REQUIREMENT — Among the records that follow, set down only the lines from the one containing "repository 263315d233913971" to the one containing "u (keys t) ≡ true", both included, exactly.

[Dataset items]
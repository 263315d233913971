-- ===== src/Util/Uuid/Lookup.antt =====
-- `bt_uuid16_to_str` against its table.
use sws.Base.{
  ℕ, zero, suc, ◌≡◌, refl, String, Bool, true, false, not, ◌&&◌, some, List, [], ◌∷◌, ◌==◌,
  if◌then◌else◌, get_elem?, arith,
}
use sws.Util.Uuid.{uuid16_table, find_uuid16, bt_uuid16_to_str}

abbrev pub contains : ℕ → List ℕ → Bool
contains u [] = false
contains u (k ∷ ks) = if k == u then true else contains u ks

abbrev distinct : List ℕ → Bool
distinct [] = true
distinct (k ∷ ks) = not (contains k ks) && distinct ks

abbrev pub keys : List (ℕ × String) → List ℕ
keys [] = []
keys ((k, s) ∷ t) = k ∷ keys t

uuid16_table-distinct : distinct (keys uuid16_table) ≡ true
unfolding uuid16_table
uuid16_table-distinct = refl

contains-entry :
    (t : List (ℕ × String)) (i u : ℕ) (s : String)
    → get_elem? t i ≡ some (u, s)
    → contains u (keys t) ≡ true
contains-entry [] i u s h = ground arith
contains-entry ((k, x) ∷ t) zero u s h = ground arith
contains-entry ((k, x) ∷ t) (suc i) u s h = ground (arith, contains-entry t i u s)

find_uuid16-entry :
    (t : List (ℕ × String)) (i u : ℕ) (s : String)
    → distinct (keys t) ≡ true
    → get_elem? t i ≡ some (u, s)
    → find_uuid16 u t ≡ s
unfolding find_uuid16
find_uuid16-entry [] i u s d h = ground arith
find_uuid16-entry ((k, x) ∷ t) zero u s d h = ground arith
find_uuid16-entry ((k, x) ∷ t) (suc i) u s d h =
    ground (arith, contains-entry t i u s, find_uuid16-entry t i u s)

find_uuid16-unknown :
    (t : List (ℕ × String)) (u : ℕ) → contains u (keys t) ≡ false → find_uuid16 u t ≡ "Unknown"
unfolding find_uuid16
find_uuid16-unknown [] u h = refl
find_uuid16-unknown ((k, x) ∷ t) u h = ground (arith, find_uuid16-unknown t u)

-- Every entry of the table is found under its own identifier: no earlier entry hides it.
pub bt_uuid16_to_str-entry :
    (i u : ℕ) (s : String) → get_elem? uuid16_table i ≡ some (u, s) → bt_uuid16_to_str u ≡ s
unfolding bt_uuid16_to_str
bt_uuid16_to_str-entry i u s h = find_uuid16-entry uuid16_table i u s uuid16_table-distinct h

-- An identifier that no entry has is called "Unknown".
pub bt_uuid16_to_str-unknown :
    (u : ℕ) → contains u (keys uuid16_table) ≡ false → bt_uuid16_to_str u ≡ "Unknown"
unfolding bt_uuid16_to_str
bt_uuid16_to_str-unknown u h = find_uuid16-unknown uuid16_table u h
...
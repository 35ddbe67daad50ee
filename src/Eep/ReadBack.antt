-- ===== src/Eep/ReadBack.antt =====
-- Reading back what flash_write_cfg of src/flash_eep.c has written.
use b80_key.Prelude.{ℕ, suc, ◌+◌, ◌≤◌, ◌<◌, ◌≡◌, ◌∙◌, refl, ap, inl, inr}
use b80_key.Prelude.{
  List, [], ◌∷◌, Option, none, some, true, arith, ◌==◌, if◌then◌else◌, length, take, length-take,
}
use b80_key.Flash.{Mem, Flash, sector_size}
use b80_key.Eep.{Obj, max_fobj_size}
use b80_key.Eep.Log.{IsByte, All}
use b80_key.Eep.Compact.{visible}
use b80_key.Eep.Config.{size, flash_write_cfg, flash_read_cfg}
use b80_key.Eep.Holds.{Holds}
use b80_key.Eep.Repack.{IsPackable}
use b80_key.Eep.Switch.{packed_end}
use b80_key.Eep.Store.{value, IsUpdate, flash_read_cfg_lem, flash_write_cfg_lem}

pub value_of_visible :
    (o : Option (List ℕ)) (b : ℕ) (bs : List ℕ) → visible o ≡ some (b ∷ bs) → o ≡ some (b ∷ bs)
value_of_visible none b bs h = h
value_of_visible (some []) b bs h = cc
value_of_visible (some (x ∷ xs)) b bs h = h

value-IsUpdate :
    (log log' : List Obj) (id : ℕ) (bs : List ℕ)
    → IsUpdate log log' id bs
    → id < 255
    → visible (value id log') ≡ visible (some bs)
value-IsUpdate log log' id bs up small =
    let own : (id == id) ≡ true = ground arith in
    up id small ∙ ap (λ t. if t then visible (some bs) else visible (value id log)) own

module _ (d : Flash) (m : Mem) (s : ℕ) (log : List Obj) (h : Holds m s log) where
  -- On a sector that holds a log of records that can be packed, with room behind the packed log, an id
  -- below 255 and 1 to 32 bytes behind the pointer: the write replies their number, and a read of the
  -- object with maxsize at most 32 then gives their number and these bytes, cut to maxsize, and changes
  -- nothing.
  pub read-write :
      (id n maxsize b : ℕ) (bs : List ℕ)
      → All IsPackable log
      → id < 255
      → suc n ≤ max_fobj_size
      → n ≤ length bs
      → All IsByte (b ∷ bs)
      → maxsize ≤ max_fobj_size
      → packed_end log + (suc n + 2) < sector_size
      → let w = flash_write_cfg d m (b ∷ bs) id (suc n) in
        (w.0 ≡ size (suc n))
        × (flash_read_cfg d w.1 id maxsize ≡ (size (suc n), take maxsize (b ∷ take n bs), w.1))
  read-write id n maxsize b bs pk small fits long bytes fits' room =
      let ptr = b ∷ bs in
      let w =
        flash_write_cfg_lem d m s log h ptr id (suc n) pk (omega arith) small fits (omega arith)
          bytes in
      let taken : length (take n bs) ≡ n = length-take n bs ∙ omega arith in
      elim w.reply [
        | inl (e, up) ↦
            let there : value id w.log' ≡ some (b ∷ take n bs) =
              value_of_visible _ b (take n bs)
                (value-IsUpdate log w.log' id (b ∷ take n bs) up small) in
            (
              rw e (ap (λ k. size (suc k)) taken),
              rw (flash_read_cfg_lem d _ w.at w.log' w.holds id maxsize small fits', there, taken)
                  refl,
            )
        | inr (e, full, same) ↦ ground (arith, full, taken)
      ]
---
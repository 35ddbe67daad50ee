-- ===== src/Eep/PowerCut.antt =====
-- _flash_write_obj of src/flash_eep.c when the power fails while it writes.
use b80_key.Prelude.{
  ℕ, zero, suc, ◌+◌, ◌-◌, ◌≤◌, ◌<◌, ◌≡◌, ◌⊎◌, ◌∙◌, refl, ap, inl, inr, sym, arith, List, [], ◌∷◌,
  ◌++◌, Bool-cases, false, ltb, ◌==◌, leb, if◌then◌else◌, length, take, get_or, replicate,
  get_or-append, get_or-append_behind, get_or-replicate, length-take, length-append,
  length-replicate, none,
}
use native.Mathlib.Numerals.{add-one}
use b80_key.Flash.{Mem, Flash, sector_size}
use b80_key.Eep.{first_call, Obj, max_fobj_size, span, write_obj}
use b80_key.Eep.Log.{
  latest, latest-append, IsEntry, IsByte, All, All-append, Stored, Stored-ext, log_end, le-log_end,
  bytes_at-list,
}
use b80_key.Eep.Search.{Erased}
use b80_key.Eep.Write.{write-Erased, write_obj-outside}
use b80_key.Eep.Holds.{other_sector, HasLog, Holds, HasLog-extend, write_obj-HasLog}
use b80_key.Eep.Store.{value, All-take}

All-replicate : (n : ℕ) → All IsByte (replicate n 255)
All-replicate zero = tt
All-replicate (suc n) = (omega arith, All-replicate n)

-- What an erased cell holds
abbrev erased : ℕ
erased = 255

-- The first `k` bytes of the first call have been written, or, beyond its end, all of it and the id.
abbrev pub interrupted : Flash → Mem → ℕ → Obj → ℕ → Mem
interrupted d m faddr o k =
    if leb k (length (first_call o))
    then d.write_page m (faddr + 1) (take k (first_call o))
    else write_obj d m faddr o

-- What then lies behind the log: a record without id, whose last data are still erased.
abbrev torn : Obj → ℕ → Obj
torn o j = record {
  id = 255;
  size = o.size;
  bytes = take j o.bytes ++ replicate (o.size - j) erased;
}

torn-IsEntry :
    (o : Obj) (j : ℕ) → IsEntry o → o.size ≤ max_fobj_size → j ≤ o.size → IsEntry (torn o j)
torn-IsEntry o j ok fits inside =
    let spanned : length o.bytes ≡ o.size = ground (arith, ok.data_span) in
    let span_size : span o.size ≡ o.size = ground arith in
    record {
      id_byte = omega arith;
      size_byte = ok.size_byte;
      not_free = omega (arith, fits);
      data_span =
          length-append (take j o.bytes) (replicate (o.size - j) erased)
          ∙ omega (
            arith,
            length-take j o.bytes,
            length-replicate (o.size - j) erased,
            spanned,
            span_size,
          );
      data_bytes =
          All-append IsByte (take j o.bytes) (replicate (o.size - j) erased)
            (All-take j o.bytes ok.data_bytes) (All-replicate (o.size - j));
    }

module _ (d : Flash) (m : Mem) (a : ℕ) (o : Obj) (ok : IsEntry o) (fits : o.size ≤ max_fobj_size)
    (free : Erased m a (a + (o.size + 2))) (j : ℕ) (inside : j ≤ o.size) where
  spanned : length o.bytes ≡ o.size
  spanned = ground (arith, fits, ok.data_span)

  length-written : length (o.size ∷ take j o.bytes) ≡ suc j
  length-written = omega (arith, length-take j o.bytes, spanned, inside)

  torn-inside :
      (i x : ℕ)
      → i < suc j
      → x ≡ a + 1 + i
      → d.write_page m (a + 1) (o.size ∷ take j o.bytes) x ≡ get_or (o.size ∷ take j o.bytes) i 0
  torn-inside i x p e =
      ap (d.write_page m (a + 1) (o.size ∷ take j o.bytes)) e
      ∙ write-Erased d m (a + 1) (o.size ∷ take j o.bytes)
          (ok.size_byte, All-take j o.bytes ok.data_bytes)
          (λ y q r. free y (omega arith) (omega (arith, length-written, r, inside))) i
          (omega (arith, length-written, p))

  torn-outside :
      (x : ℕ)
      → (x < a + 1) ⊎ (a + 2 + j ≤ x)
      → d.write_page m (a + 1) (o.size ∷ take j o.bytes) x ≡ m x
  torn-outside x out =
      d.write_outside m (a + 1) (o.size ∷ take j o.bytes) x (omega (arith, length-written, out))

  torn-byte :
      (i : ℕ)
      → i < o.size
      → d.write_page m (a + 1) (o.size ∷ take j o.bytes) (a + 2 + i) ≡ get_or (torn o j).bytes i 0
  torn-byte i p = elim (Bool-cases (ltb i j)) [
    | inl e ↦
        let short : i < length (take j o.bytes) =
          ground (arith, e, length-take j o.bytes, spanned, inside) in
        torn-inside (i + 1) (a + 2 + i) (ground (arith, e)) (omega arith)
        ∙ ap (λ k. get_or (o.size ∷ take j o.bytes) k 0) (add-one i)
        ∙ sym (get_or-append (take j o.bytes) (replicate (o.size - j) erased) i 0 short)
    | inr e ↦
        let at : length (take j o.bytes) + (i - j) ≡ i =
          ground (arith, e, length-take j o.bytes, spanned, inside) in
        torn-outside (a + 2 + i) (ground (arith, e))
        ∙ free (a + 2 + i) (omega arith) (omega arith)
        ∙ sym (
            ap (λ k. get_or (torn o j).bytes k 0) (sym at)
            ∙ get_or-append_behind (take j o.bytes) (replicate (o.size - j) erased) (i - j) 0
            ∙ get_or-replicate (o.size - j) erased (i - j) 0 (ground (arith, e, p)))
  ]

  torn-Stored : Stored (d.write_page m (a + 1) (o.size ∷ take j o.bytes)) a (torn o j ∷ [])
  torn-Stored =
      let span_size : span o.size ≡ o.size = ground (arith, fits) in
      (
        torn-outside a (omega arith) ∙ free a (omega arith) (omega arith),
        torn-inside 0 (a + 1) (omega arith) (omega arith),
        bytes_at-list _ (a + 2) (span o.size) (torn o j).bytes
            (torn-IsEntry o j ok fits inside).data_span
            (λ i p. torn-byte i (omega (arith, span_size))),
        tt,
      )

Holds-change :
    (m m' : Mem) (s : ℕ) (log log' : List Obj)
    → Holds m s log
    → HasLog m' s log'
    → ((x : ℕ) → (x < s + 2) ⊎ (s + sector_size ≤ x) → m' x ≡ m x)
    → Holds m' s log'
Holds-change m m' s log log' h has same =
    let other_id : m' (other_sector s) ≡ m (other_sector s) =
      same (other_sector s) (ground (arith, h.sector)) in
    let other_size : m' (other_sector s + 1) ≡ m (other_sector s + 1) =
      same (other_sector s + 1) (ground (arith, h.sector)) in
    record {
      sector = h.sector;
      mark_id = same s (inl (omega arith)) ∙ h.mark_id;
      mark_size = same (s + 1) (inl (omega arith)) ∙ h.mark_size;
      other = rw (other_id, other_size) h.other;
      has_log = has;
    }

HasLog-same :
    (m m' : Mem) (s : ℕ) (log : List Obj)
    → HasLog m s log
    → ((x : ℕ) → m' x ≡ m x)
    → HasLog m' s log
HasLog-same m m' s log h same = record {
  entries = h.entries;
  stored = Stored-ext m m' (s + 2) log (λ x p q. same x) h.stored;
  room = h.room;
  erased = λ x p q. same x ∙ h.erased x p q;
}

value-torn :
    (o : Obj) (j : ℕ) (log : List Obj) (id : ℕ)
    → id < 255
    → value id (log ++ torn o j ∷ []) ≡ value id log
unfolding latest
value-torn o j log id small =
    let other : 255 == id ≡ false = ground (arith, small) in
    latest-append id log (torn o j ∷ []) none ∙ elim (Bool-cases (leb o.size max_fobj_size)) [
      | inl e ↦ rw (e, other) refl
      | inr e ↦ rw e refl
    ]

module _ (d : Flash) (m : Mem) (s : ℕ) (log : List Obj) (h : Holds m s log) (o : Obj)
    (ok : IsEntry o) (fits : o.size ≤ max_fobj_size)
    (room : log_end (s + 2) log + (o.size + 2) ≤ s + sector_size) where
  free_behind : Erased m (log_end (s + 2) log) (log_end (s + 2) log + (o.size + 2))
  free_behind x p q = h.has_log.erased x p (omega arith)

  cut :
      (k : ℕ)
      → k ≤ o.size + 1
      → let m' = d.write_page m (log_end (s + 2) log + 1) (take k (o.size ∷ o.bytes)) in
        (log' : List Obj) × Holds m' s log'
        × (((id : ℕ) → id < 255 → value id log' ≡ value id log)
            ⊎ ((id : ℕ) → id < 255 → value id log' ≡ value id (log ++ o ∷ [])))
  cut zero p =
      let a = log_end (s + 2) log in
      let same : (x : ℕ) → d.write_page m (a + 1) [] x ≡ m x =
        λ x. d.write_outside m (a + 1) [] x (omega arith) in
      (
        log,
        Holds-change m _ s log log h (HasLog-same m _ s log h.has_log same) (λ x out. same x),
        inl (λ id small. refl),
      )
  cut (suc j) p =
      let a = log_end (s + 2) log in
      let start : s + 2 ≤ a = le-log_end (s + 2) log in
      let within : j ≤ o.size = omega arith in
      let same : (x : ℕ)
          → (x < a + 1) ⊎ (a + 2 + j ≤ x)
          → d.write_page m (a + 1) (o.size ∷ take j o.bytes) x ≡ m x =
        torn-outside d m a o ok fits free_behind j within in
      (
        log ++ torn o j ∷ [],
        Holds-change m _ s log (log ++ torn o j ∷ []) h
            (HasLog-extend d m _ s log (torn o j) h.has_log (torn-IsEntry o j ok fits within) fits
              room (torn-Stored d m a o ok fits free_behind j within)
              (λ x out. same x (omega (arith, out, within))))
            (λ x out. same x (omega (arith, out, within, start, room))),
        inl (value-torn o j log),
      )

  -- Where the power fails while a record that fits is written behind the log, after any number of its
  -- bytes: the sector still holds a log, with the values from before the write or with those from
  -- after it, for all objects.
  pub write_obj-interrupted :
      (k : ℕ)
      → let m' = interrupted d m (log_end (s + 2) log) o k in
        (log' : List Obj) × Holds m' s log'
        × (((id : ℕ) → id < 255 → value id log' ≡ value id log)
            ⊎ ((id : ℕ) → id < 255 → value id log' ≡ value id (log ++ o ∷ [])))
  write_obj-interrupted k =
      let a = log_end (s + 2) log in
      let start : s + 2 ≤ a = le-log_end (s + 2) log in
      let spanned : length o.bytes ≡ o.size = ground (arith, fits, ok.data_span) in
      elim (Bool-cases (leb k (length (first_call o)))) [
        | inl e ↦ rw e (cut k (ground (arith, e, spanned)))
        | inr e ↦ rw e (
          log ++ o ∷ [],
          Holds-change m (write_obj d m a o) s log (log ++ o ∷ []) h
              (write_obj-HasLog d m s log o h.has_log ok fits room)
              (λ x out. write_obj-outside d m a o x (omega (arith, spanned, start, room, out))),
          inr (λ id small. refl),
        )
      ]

ANSWER —
repository 263315d233913971
-- ===== src/Util/Uuid/Lookup.antt =====
-- `bt_uuid16_to_str` against its table.
use sws.Base.{
  ℕ, zero, suc, ◌≡◌, refl, String, Bool, true, false, not, ◌&&◌, some, List, [], ◌∷◌, ◌==◌,
  if◌then◌else◌, get_elem?, arith,
}
use sws.Util.Uuid.{uuid16_table, find_uuid16, bt_uuid16_to_str}

abbrev pub contains : ℕ → List ℕ → Bool
contains u [] = false
contains u (k ∷ ks) = if k == u then true else contains u ks

abbrev distinct : List ℕ → Bool
distinct [] = true
distinct (k ∷ ks) = not (contains k ks) && distinct ks

abbrev pub keys : List (ℕ × String) → List ℕ
keys [] = []
keys ((k, s) ∷ t) = k ∷ keys t

uuid16_table-distinct : distinct (keys uuid16_table) ≡ true
unfolding uuid16_table
uuid16_table-distinct = refl

contains-entry :
    (t : List (ℕ × String)) (i u : ℕ) (s : String)
    → get_elem? t i ≡ some (u, s)
    → contains u (keys t) ≡ true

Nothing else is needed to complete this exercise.